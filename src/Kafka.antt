-- ===== src/Kafka.antt =====
-- pkg/kafkax: events between the services, their retries and the dead letter queue.
pub mod Record
pub mod Headers
pub mod Failing
pub mod Backoff
pub mod Runtime
pub mod Consumer
pub mod RetryConsumer
pub mod Engine
mod Tests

=-=-=

Exercise objective :: Copy every line above that holds the word "antt".

Solution below ::
filename src/Kafka.antt
-- ===== src/Kafka.antt =====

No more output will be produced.